Beginning with the line that contains "as_u8 less_than = 14" in the material below, print each line exactly until the line that contains "unfoldable pub create_constant" has been printed, then stop.

________

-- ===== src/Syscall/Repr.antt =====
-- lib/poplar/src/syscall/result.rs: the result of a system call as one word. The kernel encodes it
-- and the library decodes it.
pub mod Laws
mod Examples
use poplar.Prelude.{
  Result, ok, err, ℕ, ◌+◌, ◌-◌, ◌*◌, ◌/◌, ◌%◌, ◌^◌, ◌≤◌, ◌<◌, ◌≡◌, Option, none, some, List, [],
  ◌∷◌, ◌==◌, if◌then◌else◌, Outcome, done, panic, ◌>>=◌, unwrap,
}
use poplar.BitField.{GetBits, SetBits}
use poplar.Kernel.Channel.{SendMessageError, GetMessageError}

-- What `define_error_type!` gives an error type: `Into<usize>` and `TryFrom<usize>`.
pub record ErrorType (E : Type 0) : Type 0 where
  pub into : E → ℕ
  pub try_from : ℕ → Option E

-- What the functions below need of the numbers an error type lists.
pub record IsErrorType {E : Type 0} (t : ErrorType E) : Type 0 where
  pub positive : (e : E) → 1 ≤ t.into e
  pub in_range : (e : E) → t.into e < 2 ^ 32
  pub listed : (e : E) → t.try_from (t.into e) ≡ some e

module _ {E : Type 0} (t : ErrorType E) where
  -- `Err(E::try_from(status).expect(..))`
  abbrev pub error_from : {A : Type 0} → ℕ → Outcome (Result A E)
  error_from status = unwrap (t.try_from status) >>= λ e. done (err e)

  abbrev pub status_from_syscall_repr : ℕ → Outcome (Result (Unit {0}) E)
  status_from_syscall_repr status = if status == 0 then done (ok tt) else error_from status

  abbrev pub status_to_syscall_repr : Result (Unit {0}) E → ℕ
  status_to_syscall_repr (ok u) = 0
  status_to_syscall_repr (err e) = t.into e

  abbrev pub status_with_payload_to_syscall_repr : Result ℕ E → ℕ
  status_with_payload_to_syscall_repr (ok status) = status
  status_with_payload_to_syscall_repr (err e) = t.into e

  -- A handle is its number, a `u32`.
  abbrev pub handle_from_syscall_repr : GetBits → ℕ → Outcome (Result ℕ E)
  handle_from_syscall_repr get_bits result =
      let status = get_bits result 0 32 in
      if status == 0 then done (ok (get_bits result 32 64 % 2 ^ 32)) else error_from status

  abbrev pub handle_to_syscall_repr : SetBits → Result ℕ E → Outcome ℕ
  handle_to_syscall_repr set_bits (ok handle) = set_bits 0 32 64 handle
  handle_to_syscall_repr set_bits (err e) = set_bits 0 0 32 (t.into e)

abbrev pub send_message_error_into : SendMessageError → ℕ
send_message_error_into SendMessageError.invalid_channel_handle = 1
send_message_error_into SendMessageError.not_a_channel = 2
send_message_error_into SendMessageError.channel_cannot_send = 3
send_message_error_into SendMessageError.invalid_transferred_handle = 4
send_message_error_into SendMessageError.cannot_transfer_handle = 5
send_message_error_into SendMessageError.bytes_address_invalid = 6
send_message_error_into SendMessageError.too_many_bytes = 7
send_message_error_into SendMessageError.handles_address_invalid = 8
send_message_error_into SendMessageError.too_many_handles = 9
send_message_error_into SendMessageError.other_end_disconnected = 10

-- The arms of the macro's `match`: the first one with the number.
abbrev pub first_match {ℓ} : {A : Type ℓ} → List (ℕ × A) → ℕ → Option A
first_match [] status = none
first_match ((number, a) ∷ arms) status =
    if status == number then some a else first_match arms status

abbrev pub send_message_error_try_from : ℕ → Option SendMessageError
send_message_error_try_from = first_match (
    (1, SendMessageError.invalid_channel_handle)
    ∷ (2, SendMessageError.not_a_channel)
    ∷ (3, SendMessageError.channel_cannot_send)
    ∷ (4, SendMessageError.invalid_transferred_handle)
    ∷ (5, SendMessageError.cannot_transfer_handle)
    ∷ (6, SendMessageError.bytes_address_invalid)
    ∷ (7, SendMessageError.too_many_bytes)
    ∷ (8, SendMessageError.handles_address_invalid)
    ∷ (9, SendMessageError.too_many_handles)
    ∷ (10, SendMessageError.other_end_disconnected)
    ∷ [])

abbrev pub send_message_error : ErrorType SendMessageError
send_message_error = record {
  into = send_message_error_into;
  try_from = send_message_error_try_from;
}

________

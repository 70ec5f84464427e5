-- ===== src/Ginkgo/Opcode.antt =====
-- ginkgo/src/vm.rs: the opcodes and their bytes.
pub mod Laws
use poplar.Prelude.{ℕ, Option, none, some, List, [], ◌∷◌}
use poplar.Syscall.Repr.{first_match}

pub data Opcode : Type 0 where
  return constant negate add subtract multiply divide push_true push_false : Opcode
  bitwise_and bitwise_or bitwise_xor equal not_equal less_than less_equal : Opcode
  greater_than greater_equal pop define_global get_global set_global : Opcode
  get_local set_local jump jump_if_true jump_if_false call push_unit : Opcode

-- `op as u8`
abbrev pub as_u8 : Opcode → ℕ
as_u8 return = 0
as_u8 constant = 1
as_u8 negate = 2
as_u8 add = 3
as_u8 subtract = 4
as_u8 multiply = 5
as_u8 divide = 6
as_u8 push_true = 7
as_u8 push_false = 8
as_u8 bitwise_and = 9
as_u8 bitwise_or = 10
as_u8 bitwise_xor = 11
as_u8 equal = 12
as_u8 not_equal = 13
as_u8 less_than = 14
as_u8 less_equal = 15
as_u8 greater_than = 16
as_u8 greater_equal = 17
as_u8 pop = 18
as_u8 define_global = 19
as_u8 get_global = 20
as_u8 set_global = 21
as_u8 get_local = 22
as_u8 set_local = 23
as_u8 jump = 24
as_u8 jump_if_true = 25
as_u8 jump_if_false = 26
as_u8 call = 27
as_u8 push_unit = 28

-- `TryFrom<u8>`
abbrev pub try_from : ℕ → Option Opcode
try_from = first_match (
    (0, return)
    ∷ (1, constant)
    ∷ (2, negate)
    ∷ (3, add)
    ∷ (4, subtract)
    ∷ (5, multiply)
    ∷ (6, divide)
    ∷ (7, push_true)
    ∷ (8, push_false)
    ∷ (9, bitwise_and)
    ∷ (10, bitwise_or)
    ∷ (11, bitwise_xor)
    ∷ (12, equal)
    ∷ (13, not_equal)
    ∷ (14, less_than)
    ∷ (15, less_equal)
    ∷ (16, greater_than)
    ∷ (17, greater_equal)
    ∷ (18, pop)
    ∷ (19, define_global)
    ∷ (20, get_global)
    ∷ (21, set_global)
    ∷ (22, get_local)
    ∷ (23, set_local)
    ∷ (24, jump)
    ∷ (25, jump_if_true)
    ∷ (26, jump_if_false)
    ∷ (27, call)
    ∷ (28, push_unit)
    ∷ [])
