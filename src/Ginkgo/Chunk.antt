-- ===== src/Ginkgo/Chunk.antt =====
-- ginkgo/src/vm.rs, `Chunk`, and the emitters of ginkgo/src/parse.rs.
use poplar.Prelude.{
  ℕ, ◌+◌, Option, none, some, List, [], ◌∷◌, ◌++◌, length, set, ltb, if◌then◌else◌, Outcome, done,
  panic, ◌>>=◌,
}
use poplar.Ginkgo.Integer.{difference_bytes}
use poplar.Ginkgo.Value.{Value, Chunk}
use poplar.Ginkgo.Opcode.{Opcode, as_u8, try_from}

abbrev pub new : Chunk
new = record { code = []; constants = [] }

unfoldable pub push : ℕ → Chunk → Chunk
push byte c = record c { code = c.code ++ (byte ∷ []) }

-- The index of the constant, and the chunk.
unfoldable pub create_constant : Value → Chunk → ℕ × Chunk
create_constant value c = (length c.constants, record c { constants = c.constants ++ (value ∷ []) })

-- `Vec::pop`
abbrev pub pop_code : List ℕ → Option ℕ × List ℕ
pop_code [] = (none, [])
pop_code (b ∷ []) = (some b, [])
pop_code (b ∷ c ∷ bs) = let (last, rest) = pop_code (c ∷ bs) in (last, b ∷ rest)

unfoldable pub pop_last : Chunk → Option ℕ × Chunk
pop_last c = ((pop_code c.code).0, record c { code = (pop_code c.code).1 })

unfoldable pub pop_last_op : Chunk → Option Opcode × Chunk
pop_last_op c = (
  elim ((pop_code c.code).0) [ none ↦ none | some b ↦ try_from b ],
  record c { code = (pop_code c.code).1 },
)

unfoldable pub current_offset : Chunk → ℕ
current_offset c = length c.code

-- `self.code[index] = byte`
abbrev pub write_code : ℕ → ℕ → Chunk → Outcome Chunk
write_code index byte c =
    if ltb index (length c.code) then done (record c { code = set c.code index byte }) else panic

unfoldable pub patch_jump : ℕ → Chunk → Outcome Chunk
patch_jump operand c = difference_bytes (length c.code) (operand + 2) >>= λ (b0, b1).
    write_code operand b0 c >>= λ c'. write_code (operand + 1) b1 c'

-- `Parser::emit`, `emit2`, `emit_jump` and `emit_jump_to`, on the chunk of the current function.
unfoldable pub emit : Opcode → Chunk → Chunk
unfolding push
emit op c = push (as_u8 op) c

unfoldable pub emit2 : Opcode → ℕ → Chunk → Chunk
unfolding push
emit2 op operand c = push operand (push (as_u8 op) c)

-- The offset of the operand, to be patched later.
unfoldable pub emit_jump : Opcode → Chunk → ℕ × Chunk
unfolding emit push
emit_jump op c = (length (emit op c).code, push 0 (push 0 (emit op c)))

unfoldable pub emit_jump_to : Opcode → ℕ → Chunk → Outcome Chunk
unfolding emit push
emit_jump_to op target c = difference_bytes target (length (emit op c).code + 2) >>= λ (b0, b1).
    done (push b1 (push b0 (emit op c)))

________

▸ **SOLUTION BELOW**:
as_u8 less_than = 14
as_u8 less_equal = 15
as_u8 greater_than = 16
as_u8 greater_equal = 17
as_u8 pop = 18
as_u8 define_global = 19
as_u8 get_global = 20
as_u8 set_global = 21
as_u8 get_local = 22
as_u8 set_local = 23
as_u8 jump = 24
as_u8 jump_if_true = 25
as_u8 jump_if_false = 26
as_u8 call = 27
as_u8 push_unit = 28

-- `TryFrom<u8>`
abbrev pub try_from : ℕ → Option Opcode
try_from = first_match (
    (0, return)
    ∷ (1, constant)
    ∷ (2, negate)
    ∷ (3, add)
    ∷ (4, subtract)
    ∷ (5, multiply)
    ∷ (6, divide)
    ∷ (7, push_true)
    ∷ (8, push_false)
    ∷ (9, bitwise_and)
    ∷ (10, bitwise_or)
    ∷ (11, bitwise_xor)
    ∷ (12, equal)
    ∷ (13, not_equal)
    ∷ (14, less_than)
    ∷ (15, less_equal)
    ∷ (16, greater_than)
    ∷ (17, greater_equal)
    ∷ (18, pop)
    ∷ (19, define_global)
    ∷ (20, get_global)
    ∷ (21, set_global)
    ∷ (22, get_local)
    ∷ (23, set_local)
    ∷ (24, jump)
    ∷ (25, jump_if_true)
    ∷ (26, jump_if_false)
    ∷ (27, call)
    ∷ (28, push_unit)
    ∷ [])
filename src/Ginkgo/Chunk.antt
-- ===== src/Ginkgo/Chunk.antt =====
-- ginkgo/src/vm.rs, `Chunk`, and the emitters of ginkgo/src/parse.rs.
use poplar.Prelude.{
  ℕ, ◌+◌, Option, none, some, List, [], ◌∷◌, ◌++◌, length, set, ltb, if◌then◌else◌, Outcome, done,
  panic, ◌>>=◌,
}
use poplar.Ginkgo.Integer.{difference_bytes}
use poplar.Ginkgo.Value.{Value, Chunk}
use poplar.Ginkgo.Opcode.{Opcode, as_u8, try_from}

abbrev pub new : Chunk
new = record { code = []; constants = [] }

unfoldable pub push : ℕ → Chunk → Chunk
push byte c = record c { code = c.code ++ (byte ∷ []) }

-- The index of the constant, and the chunk.
unfoldable pub create_constant : Value → Chunk → ℕ × Chunk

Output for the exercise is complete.